Tuesday, June 22, 2010

Exonerated after 26 years

Yesterday - Cheektowaga, a suburb of Buffalo NY.

It took 26 years for Douglas Pacyon, 54, to clear his name after being convicted of a 1984 rape and serving six years and eight months in prison for an attack he didn't commit.

It took three minutes yesterday afternoon for the criminal-justice system to officially exonerate him. The judge formally dismissed his rape conviction based on DNA testing that proved he couldn't have committed the May 1984 crime.

"I just want to say it's been a long time for justice to come," Mr. Pacyon said. Then he expressed his appreciation to the District Attorney's Office, defense attorney Thomas C. D'Agostino and his friends and family before discussing the lesson to be learned from his ordeal.

"As long as you keep the faith … and never give up, it hopefully can change for the better," he said. "I had faith that someday, this day would happen."

In May 2008, 18 years after Mr. Pacyon was released from prison, D'Agostino filed a motion seeking forensic DNA testing on evidence from the case.
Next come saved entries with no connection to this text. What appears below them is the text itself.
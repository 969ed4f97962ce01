-- ===== src/Schedule/Requests.antt =====
-- The multicast schedule that a reader returns, as the requests of arbiter-multicast-helper.cc,
-- whose constructor takes it from multicast-udp-schedule-reader.cc.
use hypatia_multicast.Base.{
  ℕ, suc, ap, length, ◌<◌, ◌≤◌, ◌^◌, ◌≡◌, sym, subst, List, [], ◌∷◌, map, some, ok, arith, In, inl,
  inr,
}
use hypatia_multicast.ExpUtil.Text.{Text}
use hypatia_multicast.ExpUtil.Numbers.{Doubles}
use hypatia_multicast.Schedule.{Topology, IsSchedule-length, IsSchedule-In}
use hypatia_multicast.Schedule.MulticastUdp.{
  MulticastUdpInfo, read_multicast_udp_schedule, IsMulticastUdpSchedule, IsMulticastUdp,
  read_multicast_udp_schedule-IsMulticastUdpSchedule,
}
use hypatia_multicast.Routing.Ecmp.{CandidateList}
use hypatia_multicast.Routing.Arbiter.Groups.{first_route}
use hypatia_multicast.Routing.Multicast.{MulticastRequest, RoutingState, cal_global_multicast_state}
use hypatia_multicast.Routing.Multicast.Routes.{routes_of}
use hypatia_multicast.Routing.Multicast.Delivery.{
  group_of, HasInterfaces, DistinctGroups, Delivers, cal_global_multicast_state-Delivers,
}

-- What CalGlobalMulticastState takes of an entry.
abbrev pub to_request : {D : Type 0} → MulticastUdpInfo D → MulticastRequest
to_request e = record {
  udp_burst_id = e.udp_burst_id;
  from_node_id = e.from_node_id;
  to_node_ids = e.to_node_ids;
}

module _ (doubles : Doubles) where
  open doubles use {Double}

  -- The ids of requests from k on are below the counter at the end.
  ids_from :
      (topology : Topology) (end_time k p : ℕ) (es : List (MulticastUdpInfo Double)) (k' p' : ℕ)
      → IsMulticastUdpSchedule doubles topology end_time k p es k' p'
      → (k ≤ k')
        × ((req : MulticastRequest)
            → In req (map to_request es)
            → (k ≤ req.udp_burst_id) × (req.udp_burst_id < k'))
  ids_from topology end_time k p [] k' p' h = (omega (arith, h.0), λ req m. absurd m)
  ids_from topology end_time k p (e ∷ es) k' p' h =
      let (le, rest) = ids_from topology end_time (suc k) e.start_time_ns es k' p' h.3 in
      (
        omega (arith, le),
        λ req m. elim m [
          | inl same ↦
              subst (λ (r : MulticastRequest). (k ≤ r.udp_burst_id) × (r.udp_burst_id < k'))
                (sym same) (omega (arith, h.0), omega (arith, h.0, le))
          | inr later ↦ (omega (arith, (rest req later).0), (rest req later).1)
        ],
      )

  -- Fewer than 2^32 requests have distinct groups.
  schedule-DistinctGroups :
      (base : ℕ) (topology : Topology) (end_time k p : ℕ) (es : List (MulticastUdpInfo Double))
      (k' p' : ℕ)
      → k' ≤ 2 ^ 32
      → IsMulticastUdpSchedule doubles topology end_time k p es k' p'
      → DistinctGroups base (map to_request es)
  schedule-DistinctGroups base topology end_time k p [] k' p' few h = tt
  schedule-DistinctGroups base topology end_time k p (e ∷ es) k' p' few h =
      let ids = (ids_from topology end_time (suc k) e.start_time_ns es k' p' h.3).1 in
      (
        λ other m same. let (lo, hi) = ids other m in omega (arith, same, lo, hi, h.0, few),
        schedule-DistinctGroups base topology end_time (suc k) e.start_time_ns es k' p' few h.3,
      )

  In-to_request :
      (e : MulticastUdpInfo Double) (es : List (MulticastUdpInfo Double))
      → In e es
      → In (to_request e) (map to_request es)
  In-to_request e [] m = absurd m
  In-to_request e (x ∷ es) (inl same) = inl (ap to_request same)
  In-to_request e (x ∷ es) (inr later) = inr (In-to_request e es later)

  -- Of a multicast schedule that the reader returns, with at most 2^32 entries, if the routes are
  -- calculated from it for arbiters without routes, and no first candidate stands behind interface
  -- 0, then the packets that an entry's source sends to the entry's group are delivered to each
  -- member of the entry.
  pub read_multicast_udp_schedule-Delivers :
      (topology : Topology) (end_time : ℕ) (lines : List Text)
      (schedule : List (MulticastUdpInfo Double)) (local_address : ℕ → ℕ → ℕ) (ecmp : CandidateList)
      (ifs : List (List ℕ)) (s s' : RoutingState)
      → read_multicast_udp_schedule doubles (some lines) topology end_time ≡ ok schedule
      → length schedule ≤ 2 ^ 32
      → HasInterfaces ecmp ifs
      → ((x : ℕ) → routes_of s x ≡ [])
      → cal_global_multicast_state local_address topology.multicast_group_base ecmp ifs
          (map to_request schedule)
          s
        ≡ ok s'
      → (e : MulticastUdpInfo Double) → In e schedule
      → (dst : ℕ) → In dst e.to_node_ids
      → Delivers ifs s' e.from_node_id e.multicast_group e.from_node_id dst
  unfolding first_route
  read_multicast_udp_schedule-Delivers topology end_time lines schedule local_address ecmp ifs s s'
        read few nonzero empty routed e m dst d =
      let base = topology.multicast_group_base in
      let (k, p, h) =
        read_multicast_udp_schedule-IsMulticastUdpSchedule doubles topology end_time lines schedule
          read in
      let count =
        IsSchedule-length _ _ (IsMulticastUdp doubles topology end_time) 0 0 schedule k p h in
      let valid =
        IsSchedule-In _ _ (IsMulticastUdp doubles topology end_time) 0 0 schedule k p e h m in
      subst (λ g. Delivers ifs s' e.from_node_id g e.from_node_id dst) (sym valid.group)
        (cal_global_multicast_state-Delivers local_address base ecmp ifs (map to_request schedule) s
          s' routed nonzero
          (schedule-DistinctGroups base topology end_time 0 0 schedule k p
            (omega (arith, count, few)) h)
          (λ req i x. ap (first_route (group_of base req)) (empty x)) (to_request e)
          (In-to_request e schedule m) dst d)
Exhaustive testing and retesting of those slides showed that the same man had sexually assaulted both women and that man was not Douglas Pacyon.

During his trial in April 1985, he insisted he was innocent.

"There was never a doubt in my mind," he said of his innocence. "From Day One, I requested any kind of test that would exonerate me, and nothing was done."

"My family, my friends, and I, endured the pain. I'm not going to lie, it wasn't easy, but I had faith that someday, this would happen," he said after the hearing.

The attorney for Mr. Paycon said that his office would most likely file suit against the DA's Office for the wrongful conviction.

I, along with many others, am grateful for the discovery of DNA. I have spent many years working with persons who have been incarcerated, and of course, many say that they are innocent of the charges against them. But, the reality is that there are some behind the prison walls who are innocent. This same county has had three cases of wrongful convictions for murder in recent years and large settlements are being paid out of taxpayers’ money.

Mr. Paycon said he always kept the faith that someday the truth would be revealed.

Financial compensation may soothe some of his pain and suffering, loss of income while incarcerated and afterwards when he could not get employment because of his previous history of incarceration. I doubt that it will ever really make it all right.

Mr. Pacyon appears to be a very humble, soft spoken man. As he was leaving the courthouse he told the TV reporters, that he would now be able to register to vote. He said people just do not know what a privilege the right to vote is until it is taken away. This statement was not reported in the printed news releases.

I wish that more people would cherish the right to vote – it is a right that many have died for and that so many take for granted. To me this was a very powerful footnote to his story.

I wish Mr. Paycon and his family well and hope that peace of mind and tranquility will enter their lives. Sometimes justification can be bittersweet - I am glad that he never gave up on his faith.